Read through the records. Copy each line that has the word "ResourcesEnv".

Input data: Begin

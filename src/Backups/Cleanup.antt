-- ===== src/Backups/Cleanup.antt =====
-- pgbackrest.go: getPGBackRestResources and what it calls.

-- An object of one of the six kinds that are listed: the names of its owners, in order, and what the
-- status of a job says.
use ivory_operator.Backups.{
  dedicated_repo_host_enabled, backup_schedule_found, label_pgbackrest_backup, some, ◌∷◌,
  label_pgbackrest_repo, Repo,
}
use ivory_operator.Kube.{Answer}
use ivory_operator.Prelude.{
  is_empty, ◌&&◌, map, is_some, not, is_none, Bool, Labels, none, [], str_eq, if◌then◌else◌, ◌∷◌,
  ◌++◌, ℕ, concat, List, String, lookup, label, filter, Option,
}
use ivory_operator.Volumes.Existing.{label_pgbackrest_repo_volume}

pub record RepoResource : Type 0 where
  pub name : String
  pub labels : Labels
  pub owner_names : List String
  pub start_time : String
  pub completion_time : String
  pub active : ℕ
  pub succeeded : ℕ
  pub failed : ℕ

-- RepoResources
pub record RepoResources : Type 0 where
  pub replica_create_backup_jobs : List RepoResource
  pub manual_backup_jobs : List RepoResource
  pub pvcs : List RepoResource
  pub hosts : List RepoResource
  pub cronjobs : List RepoResource

-- PGBackRestScheduledBackupStatus
pub record ScheduledBackup : Type 0 where
  pub cron_job_name : String
  pub repo_name : String
  pub type : String
  pub start_time : String
  pub completion_time : String
  pub active : ℕ
  pub succeeded : ℕ
  pub failed : ℕ

-- The group, version and kind of a list.
pub data ResourceKind : Type 0 where
  config_map_list job_list pvc_list secret_list stateful_set_list cron_job_list : ResourceKind

-- What is read of the cluster, and whether it is bootstrapped.
pub record CleanupSpec : Type 0 where
  pub cluster_name : String
  pub repos : List Repo
  pub bootstrapped : Bool

-- The answers of the API, given the deletions so far, newest first, and of the converter.
pub record ResourcesEnv (E : Type 0) : Type 0 where
  pub list : List RepoResource → ResourceKind → Answer E (List RepoResource)
  pub delete : List RepoResource → RepoResource → Option E
  pub convert : ResourceKind → List RepoResource → Option E

-- The resources that remain, the error, and the deletions, newest first.
pub record Cleaned (E : Type 0) : Type 0 where
  pub owned : List RepoResource
  pub err : Option E
  pub deleted : List RepoResource

-- The resources, or nil after an error; the scheduled backups of the status, where it has any part for
-- pgBackRest.
pub record Gathered (E : Type 0) : Type 0 where
  pub err : Option E
  pub resources : Option RepoResources
  pub scheduled : Option (List ScheduledBackup)
  pub deleted : List RepoResource

abbrev pub label_pgbackrest_config : String
label_pgbackrest_config = "postgres-operator.crunchydata.com/pgbackrest-config"

abbrev pub label_pgbackrest_dedicated : String
label_pgbackrest_dedicated = "postgres-operator.crunchydata.com/pgbackrest-dedicated"

abbrev pub label_pgbackrest_cron_job : String
label_pgbackrest_cron_job = "postgres-operator.crunchydata.com/pgbackrest-cronjob"

abbrev pub label_pgbackrest_restore : String
label_pgbackrest_restore = "postgres-operator.crunchydata.com/pgbackrest-restore"

unfoldable pub has_label : String → RepoResource → Bool
unfolding lookup
has_label key r = is_some (lookup key r.labels)

unfoldable pub repo_of : RepoResource → String
unfolding label
repo_of r = label label_pgbackrest_repo r.labels

unfoldable pub pgbackrest_ssh_config : String → String
unfolding concat
pgbackrest_ssh_config cluster_name = concat (cluster_name ∷ "-ssh-config" ∷ [])

unfoldable pub pgbackrest_ssh_secret : String → String
unfolding concat
pgbackrest_ssh_secret cluster_name = concat (cluster_name ∷ "-ssh" ∷ [])

-- A loop over the repositories that appends the resource at each that fits.
unfoldable pub for_repos : (Repo → Bool) → List Repo → RepoResource → List RepoResource
for_repos fits [] r = []
for_repos fits (repo ∷ rest) r =
    let later = for_repos fits rest r in if fits repo then r ∷ later else later

-- The loop for a CronJob, which stops at the first repository of its name.
unfoldable pub for_schedule : List Repo → RepoResource → List RepoResource
unfolding repo_of label
for_schedule [] r = []
for_schedule (repo ∷ rest) r =
    let later = for_schedule rest r in
    if str_eq repo.name (repo_of r)
    then if backup_schedule_found repo (label label_pgbackrest_cron_job r.labels)
      then r ∷ []
      else []
    else later

-- What the switch appends for a resource; nothing where it is to be deleted.
unfoldable pub keep_resource : CleanupSpec → RepoResource → List RepoResource
unfolding has_label for_repos for_schedule repo_of pgbackrest_ssh_config pgbackrest_ssh_secret
keep_resource spec r =
    if has_label label_pgbackrest_config r
    then r ∷ []
    else if has_label label_pgbackrest_dedicated r
    then if not (str_eq r.name (pgbackrest_ssh_config spec.cluster_name))
        && not (str_eq r.name (pgbackrest_ssh_secret spec.cluster_name))
        && dedicated_repo_host_enabled spec.repos
      then r ∷ []
      else []
    else if has_label label_pgbackrest_repo_volume r
    then for_repos (λ (repo : Repo). repo.has_volume && str_eq repo.name (repo_of r)) spec.repos r
    else if has_label label_pgbackrest_backup r
    then for_repos (λ (repo : Repo). str_eq repo.name (repo_of r)) spec.repos r
    else if has_label label_pgbackrest_cron_job r
    then for_schedule spec.repos r
    else if has_label label_pgbackrest_restore r
    then if not spec.bootstrapped then r ∷ [] else []
    else []

-- The status of a job that a CronJob made.
unfoldable pub scheduled_backup : RepoResource → ScheduledBackup
unfolding label repo_of
scheduled_backup job = record {
  cron_job_name = elim job.owner_names [ [] ↦ "" | owner ∷ rest ↦ owner ];
  repo_name = repo_of job;
  type = label label_pgbackrest_cron_job job.labels;
  start_time = job.start_time;
  completion_time = job.completion_time;
  active = job.active;
  succeeded = job.succeeded;
  failed = job.failed;
}

unfoldable pub is_scheduled : RepoResource → Bool
unfolding label
is_scheduled job = not (is_empty (label label_pgbackrest_cron_job job.labels))

-- The jobs of a type of backup.
unfoldable pub jobs_of : String → List RepoResource → List RepoResource
unfolding filter label
jobs_of backup_type jobs =
    filter (λ (job : RepoResource). str_eq (label label_pgbackrest_backup job.labels) backup_type)
      jobs

-- unstructuredToRepoResources, once the list is converted; its "unexpected kind" cannot occur.
unfoldable pub add_resources : ResourceKind → List RepoResource → RepoResources → RepoResources
unfolding jobs_of
add_resources job_list items rs = record rs {
  replica_create_backup_jobs = rs.replica_create_backup_jobs ++ jobs_of "replica-create" items;
  manual_backup_jobs = rs.manual_backup_jobs ++ jobs_of "manual" items;
}
add_resources pvc_list items rs = record rs { pvcs = rs.pvcs ++ items }
add_resources stateful_set_list items rs = record rs { hosts = rs.hosts ++ items }
add_resources cron_job_list items rs = record rs { cronjobs = rs.cronjobs ++ items }
add_resources config_map_list items rs = rs
add_resources secret_list items rs = rs

module _ {E : Type 0} (env : ResourcesEnv E) (spec : CleanupSpec) where
  -- The loop of cleanupRepoResources.
  unfoldable pub cleanup_from :
      List RepoResource → List RepoResource → List RepoResource → Cleaned E
  unfolding keep_resource
  cleanup_from [] owned deleted = record { owned = owned; err = none; deleted = deleted }
  cleanup_from (r ∷ rest) owned deleted = elim (keep_resource spec r) [
    | [] ↦ elim (env.delete deleted r) [
      | some e ↦ record { owned = []; err = some e; deleted = r ∷ deleted }
      | none ↦ cleanup_from rest owned (r ∷ deleted)
    ]
    | c ∷ cs ↦ cleanup_from rest (owned ++ c ∷ cs) deleted
  ]

  unfoldable pub cleanup_repo_resources : List RepoResource → List RepoResource → Cleaned E
  unfolding cleanup_from
  cleanup_repo_resources items deleted = cleanup_from items [] deleted

  -- setScheduledJobStatus, which a refusal of the converter ends.
  unfoldable pub set_scheduled_job_status :
      List RepoResource → Option (List ScheduledBackup) → Option (List ScheduledBackup)
  unfolding filter is_scheduled scheduled_backup
  set_scheduled_job_status items old =
      if is_none (env.convert job_list items)
      then some (map scheduled_backup (filter is_scheduled items))
      else old
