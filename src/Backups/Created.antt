-- ===== src/Backups/Created.antt =====
-- pgbackrest.go: reconcileStanzaCreate.

use ivory_operator.Backups.{
  cluster_writable, condition_replica_repo_ready, ◌∷◌, some, BackupState, BackupSpec, RepoStatus,
}
use ivory_operator.Instances.{Instance}
use ivory_operator.Kube.{Condition, StatusConditions}
use ivory_operator.Prelude.{
  ◌||◌, [], str_eq, false, if◌then◌else◌, any, true, none, map, not, Option, String, ℕ, Bool, List,
}

-- The first status of the name.
unfoldable pub repo_status_of : String → List RepoStatus → Option RepoStatus
repo_status_of name [] = none
repo_status_of name (s ∷ rest) =
    let later = repo_status_of name rest in if str_eq s.name name then some s else later

-- The condition that the deferred function sets, for the first status of the first repository.
unfoldable pub repo_ready : ℕ → Option RepoStatus → Condition
repo_ready generation none = record {
  type = condition_replica_repo_ready;
  status = "Unknown";
  reason = "RepoStatusMissing";
  message = "Status is missing for the replica creation repo";
  observed_generation = generation;
}
repo_ready generation (some s) =
    if s.stanza_created
    then record {
      type = condition_replica_repo_ready;
      status = "True";
      reason = "StanzaCreated";
      message = "pgBackRest replica create repo is ready for backups";
      observed_generation = generation;
    }
    else record {
      type = condition_replica_repo_ready;
      status = "False";
      reason = "StanzaNotCreated";
      message = "pgBackRest replica create repo is not ready for backups";
      observed_generation = generation;
    }

unfoldable pub stanzas_created : List RepoStatus → Bool
stanzas_created repos = not (any (λ (s : RepoStatus). not s.stanza_created) repos)

unfoldable pub mark_created : List RepoStatus → List RepoStatus
mark_created repos = map (λ (s : RepoStatus). record s { stanza_created = true }) repos

-- What is returned, the status, and the events, newest first.
pub record StanzaOutcome (E C : Type 0) : Type 0 where
  pub mismatch : Bool
  pub err : Option E
  pub state : BackupState C
  pub events : List String

unfoldable pub note_repo_ready :
    {C : Type 0} → ⦃sc : StatusConditions C⦄ → BackupSpec → BackupState C → BackupState C
unfolding repo_ready repo_status_of
note_repo_ready ⦃sc⦄ spec s = elim spec.repos [
  | [] ↦ s
  | repo ∷ rest ↦ record s {
    conditions =
        sc.set s.conditions (repo_ready spec.generation (repo_status_of repo.name s.repos));
  }
]

module _ {E C : Type 0} ⦃sc : StatusConditions C⦄ where
  -- What follows StanzaCreateOrUpgrade.
  unfoldable pub after_stanza : BackupState C → Bool × Option E → StanzaOutcome E C
  unfolding mark_created
  after_stanza s (mismatch, some e) = record {
    mismatch = false;
    err = some e;
    state = s;
    events = "UnableToCreateStanzas" ∷ [];
  }
  after_stanza s (mismatch, none) =
      if mismatch then record { mismatch = true; err = none; state = s; events = [] } else record {
        mismatch = false;
        err = none;
        state = record s { repos = mark_created s.repos };
        events = "StanzasCreated" ∷ [];
      }

  -- reconcileStanzaCreate, where StanzaCreateOrUpgrade returns.
  unfoldable pub reconcile_stanza_create :
      BackupSpec → List Instance → BackupState C → Bool × Option E → StanzaOutcome E C
  unfolding note_repo_ready after_stanza stanzas_created
  reconcile_stanza_create spec instances s answer =
      let out : StanzaOutcome E C =
        if not (cluster_writable instances) || stanzas_created s.repos
        then record { mismatch = false; err = none; state = s; events = [] }
        else after_stanza s answer in
      record out { state = note_repo_ready spec out.state }
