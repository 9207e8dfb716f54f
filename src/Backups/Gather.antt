-- ===== src/Backups/Gather.antt =====
-- pgbackrest.go: getPGBackRestResources, one kind of resource after the other.

use ivory_operator.Backups.Cleanup.{
  cron_job_list, stateful_set_list, secret_list, pvc_list, Cleaned, job_list, config_map_list,
  RepoResource, RepoResources, ScheduledBackup, ResourceKind, add_resources, Gathered,
  cleanup_repo_resources, set_scheduled_job_status, CleanupSpec, ResourcesEnv,
}
use ivory_operator.Kube.{found, failed}
use ivory_operator.Prelude.{none, [], some, ◌∷◌, Option, List}

-- The kinds in the order in which they are listed.
abbrev pub resource_kinds : List ResourceKind
resource_kinds =
    config_map_list ∷ job_list ∷ pvc_list ∷ secret_list ∷ stateful_set_list ∷ cron_job_list ∷ []

abbrev pub nothing_gathered : {E : Type 0} → Option (List ScheduledBackup) → Gathered E
nothing_gathered scheduled = record {
  err = none;
  resources = some (record {
    replica_create_backup_jobs = [];
    manual_backup_jobs = [];
    pvcs = [];
    hosts = [];
    cronjobs = [];
  });
  scheduled = scheduled;
  deleted = [];
}

module _ {E : Type 0} (env : ResourcesEnv E) (spec : CleanupSpec) where
  -- An error on the way: no resources are returned.
  abbrev pub gives_up : Gathered E → List RepoResource → E → Gathered E
  gives_up g deleted e = record {
    err = some e;
    resources = none;
    scheduled = g.scheduled;
    deleted = deleted;
  }

  -- The status of scheduled backups is written for the list of jobs alone.
  unfoldable pub note_schedule :
      ResourceKind
      → List RepoResource
      → Option (List ScheduledBackup)
      → Option (List ScheduledBackup)
  unfolding set_scheduled_job_status
  note_schedule job_list items old = set_scheduled_job_status env spec items old
  note_schedule kind items old = old

  -- The converter's answer, for the kinds that are converted.
  unfoldable pub converted : ResourceKind → List RepoResource → Option E
  converted config_map_list items = none
  converted secret_list items = none
  converted kind items = env.convert kind items

  -- What follows the clean-up of a kind.
  unfoldable pub add_owned : ResourceKind → Gathered E → RepoResources → Cleaned E → Gathered E
  unfolding add_resources note_schedule converted
  add_owned kind g rs c = elim c.err [
    | some e ↦ gives_up g c.deleted e
    | none ↦ elim (converted kind c.owned) [
      | some e ↦ gives_up g c.deleted e
      | none ↦ record {
        err = none;
        resources = some (add_resources kind c.owned rs);
        scheduled = note_schedule kind c.owned g.scheduled;
        deleted = c.deleted;
      }
    ]
  ]

  unfoldable pub add_listed :
      ResourceKind → Gathered E → RepoResources → List RepoResource → Gathered E
  unfolding add_owned cleanup_repo_resources
  add_listed kind g rs [] = g
  add_listed kind g rs (r ∷ rest) =
      add_owned kind g rs (cleanup_repo_resources env spec (r ∷ rest) g.deleted)

  -- The round of the loop for a kind, which an earlier error has left.
  unfoldable pub gather_kind : ResourceKind → Gathered E → Gathered E
  unfolding add_listed
  gather_kind kind g = elim g.resources [
    | none ↦ g
    | some rs ↦ elim (env.list g.deleted kind) [
      | failed e ↦ gives_up g g.deleted e
      | found items ↦ add_listed kind g rs items
    ]
  ]

  unfoldable pub gather_kinds : List ResourceKind → Gathered E → Gathered E
  unfolding gather_kind
  gather_kinds [] g = g
  gather_kinds (kind ∷ rest) g = gather_kinds rest (gather_kind kind g)

  unfoldable pub get_pgbackrest_resources : Option (List ScheduledBackup) → Gathered E
  unfolding gather_kinds
  get_pgbackrest_resources scheduled = gather_kinds resource_kinds (nothing_gathered scheduled)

Input data: End

• _Answer for the task_:
pub record ResourcesEnv (E : Type 0) : Type 0 where
module _ {E : Type 0} (env : ResourcesEnv E) (spec : CleanupSpec) where
  cleanup_repo_resources, set_scheduled_job_status, CleanupSpec, ResourcesEnv,
module _ {E : Type 0} (env : ResourcesEnv E) (spec : CleanupSpec) where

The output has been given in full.